# My squirrel hunt video (lots of action)



## Windwalker7 (Dec 11, 2013)

Self filmed squirrel hunt


----------



## srb08 (Dec 11, 2013)

Looks like a good day in the woods. 
What is your favorite way to cook squirrel?


----------



## Windwalker7 (Dec 11, 2013)

I cook them several ways.

Boil, take meat from bones then roll in flour, then fry in skillet with salt, pepper, garlic powder

or marinate in Italian dressing over night then fry in skillet and brown, then let simmer in some water a while

Crock pot in BBQ sauce


----------



## Milkman31 (Dec 11, 2013)

Very nice I love some sq hunting


----------



## andydodgegeek (Dec 11, 2013)

The video isn't working for me.
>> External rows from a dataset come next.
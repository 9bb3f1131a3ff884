-- ===== src/Sync/Acquire.antt =====
-- Acquiring a connection gives out a generation that no entry has had.
use astesia.Base.{
  ℕ, ◌≤◌, ◌<◌, ◌≡◌, refl, sym, ap, ◌∙◌, String, false, Option, none, some, arith, ◌⊎◌, inl, inr,
  max, u64_max, if◌then◌else◌, Bool-cases, Option-cases,
}
use mathlib.Core.Option.{some-injective}
use astesia.Base.Table.{Key, get, insert, get-insert, same_self}
use astesia.Sync.{ownership_key_key, OwnershipKey, McpUsePhase, RegistryEntry, McpSyncContext}
use astesia.Sync.Registry.{
  Signed, RegistryState, Reply, saturating_succ, success, validate_connection_id, owner_of,
  ensure_owner_is_open,
}
use astesia.Sync.Operations.{acquire, acquire_existing, acquire_validated}

module _ {R : Type 0} where
  -- Every entry's generation was given out.
  abbrev pub AreGiven : RegistryState R → Type 0
  AreGiven s =
      (j : OwnershipKey) (e : RegistryEntry R)
      → get j s.entries ≡ some e
      → e.generation ≤ s.next_generation

  -- What a new entry under `key` must have.
  pub record IsAcquired (key : OwnershipKey) (revision : R) (s : RegistryState R) (reply : Reply R)
      : Type 0 where
    pub generation : ℕ
    pub answered : reply.response ≡ success (some generation) none
    pub not_zero : 0 < generation
    pub newer :
        (j : OwnershipKey) (e : RegistryEntry R)
        → get j s.entries ≡ some e
        → e.generation < generation
    pub entered :
        get key reply.state.entries
        ≡ some (record {
          profile_revision = revision;
          generation = generation;
          phase = McpUsePhase.acquired;
          last_error = none;
        })
    pub given : AreGiven reply.state

module _ {R : Type 0} ⦃k : Key R⦄ where
  acquire_validated_cases :
      (key : OwnershipKey) (revision : R) (s : RegistryState R)
      → ((acquire_validated key revision s).emit ≡ false)
          × ((acquire_validated key revision s).state ≡ s)
        ⊎ ((ensure_owner_is_open key s ≡ none) × (get key s.entries ≡ none))
  unfolding acquire_validated
  acquire_validated_cases key revision s = elim (Option-cases (ensure_owner_is_open key s)) [
    | inr (why, closed) ↦ inl (rw (acquire_validated, closed) (refl, refl))
    | inl open_ ↦ elim (Option-cases (get key s.entries)) [
      | inr (e, found) ↦ inl (rw (acquire_validated, open_, found) (refl, refl))
      | inl absent ↦ inr (open_, absent)
    ]
  ]

  acquire_validated-IsAcquired :
      (key : OwnershipKey) (revision : R) (s : RegistryState R)
      → s.next_generation < u64_max
      → AreGiven s
      → ensure_owner_is_open key s ≡ none
      → get key s.entries ≡ none
      → IsAcquired key revision s (acquire_validated key revision s)
  unfolding acquire_validated
  acquire_validated-IsAcquired key revision s room given open_ absent =
      let generation = max (saturating_succ s.next_generation) 1 in
      rw (acquire_validated, open_, absent)
        (record {
          generation = generation;
          answered = refl;
          not_zero = omega arith;
          newer = λ j e found. omega (arith, given j e found);
          entered = get-insert key key _ s.entries ∙ rw (same_self key) refl;
          given = λ j e found. new_given generation j e refl (omega arith) found;
        })
    where
      new_given :
          (generation : ℕ) (j : OwnershipKey) (e : RegistryEntry R)
          → generation ≡ max (saturating_succ s.next_generation) 1
          → s.next_generation ≤ generation
          → get j (
              insert key
                (record {
                  profile_revision = revision;
                  generation = generation;
                  phase = McpUsePhase.acquired;
                  last_error = none;
                })
                s.entries)
            ≡ some e
          → e.generation ≤ generation
      new_given generation j e number later found =
          let entry : RegistryEntry R = record {
            profile_revision = revision;
            generation = generation;
            phase = McpUsePhase.acquired;
            last_error = none;
          } in
          let written : get j (insert key entry s.entries)
              ≡ (if ownership_key_key.same key j then some entry else get j s.entries) =
            get-insert j key entry s.entries in
          elim (Bool-cases (ownership_key_key.same key j)) [
            | inl hit ↦
                let new : entry ≡ e = some-injective _ _ (sym (rw hit at written) ∙ found) in
                omega (arith, ap (λ d. d.generation) new)
            | inr other ↦ omega (arith, given j e (sym (rw other at written) ∙ found))
          ]

module _ {R : Type 0} ⦃k : Key R⦄ ⦃signed : Signed R⦄ where
  -- `acquire` either emits nothing and leaves the state as it found it, or it enters the session under
  -- a generation that is not 0 and larger than those of all entries, as long as fewer than 2^64 - 1
  -- generations were given out.
  pub acquire_lem :
      (context : McpSyncContext) (connection_id : String) (revision : R) (validated : Option String)
      (meanwhile : RegistryState R → RegistryState R) (s : RegistryState R)
      → (meanwhile s).next_generation < u64_max
      → AreGiven (meanwhile s)
      → ((acquire context connection_id revision validated meanwhile s).emit ≡ false)
          × (((acquire context connection_id revision validated meanwhile s).state ≡ s)
              ⊎ ((acquire context connection_id revision validated meanwhile s).state
                  ≡ meanwhile s))
        ⊎ IsAcquired
            (owner_of context connection_id)
            revision
            (meanwhile s)
            (acquire context connection_id revision validated meanwhile s)
  unfolding acquire
  acquire_lem context connection_id revision validated meanwhile s room given =
      let key = owner_of context connection_id in
      elim (Option-cases (validate_connection_id connection_id)) [
        | inr (why, bad) ↦ inl (rw (acquire, bad) (refl, inl refl))
        | inl valid ↦ elim (Bool-cases (signed.is_negative revision)) [
          | inl negative ↦ inl (rw (acquire, valid, negative) (refl, inl refl))
          | inr natural ↦ elim (Option-cases (acquire_existing key revision s)) [
            | inr (response, known) ↦ inl (rw (acquire, valid, natural, known) (refl, inl refl))
            | inl new ↦ elim (Option-cases validated) [
              | inr (why, refused) ↦
                  inl (rw (acquire, valid, natural, new, refused) (refl, inr refl))
              | inl fine ↦
                  rw (acquire, valid, natural, new, fine)
                    (elim (acquire_validated_cases key revision (meanwhile s)) [
                      | inl (quiet, same) ↦ inl (quiet, inr same)
                      | inr (open_, absent) ↦ inr (
                          acquire_validated-IsAcquired key revision (meanwhile s) room given open_
                            absent)
                    ])
            ]
          ]
        ]
      ]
I haven't went squirrel hunting in quite a few years but I did it ALOT when I was younger. Lots of fun. I used to sell my squirrel tails to Mepps spinners out of Antigo, WI. I haven't heard anyone talk about hunting them in a long time either, good to hear someone is still out there getting some.


----------



## ReggieT (Dec 11, 2013)

Windwalker7 said:


> Self filmed squirrel hunt



Great job man! You got a pretty sharp eye...makes me wanna grab the old .410 or 20 gauge...I'd come home empty shooting a .22! lol BTW...some pretty nice "fallen logs" in there to harvest as well!! 
Hmm...wonder what kind??????


----------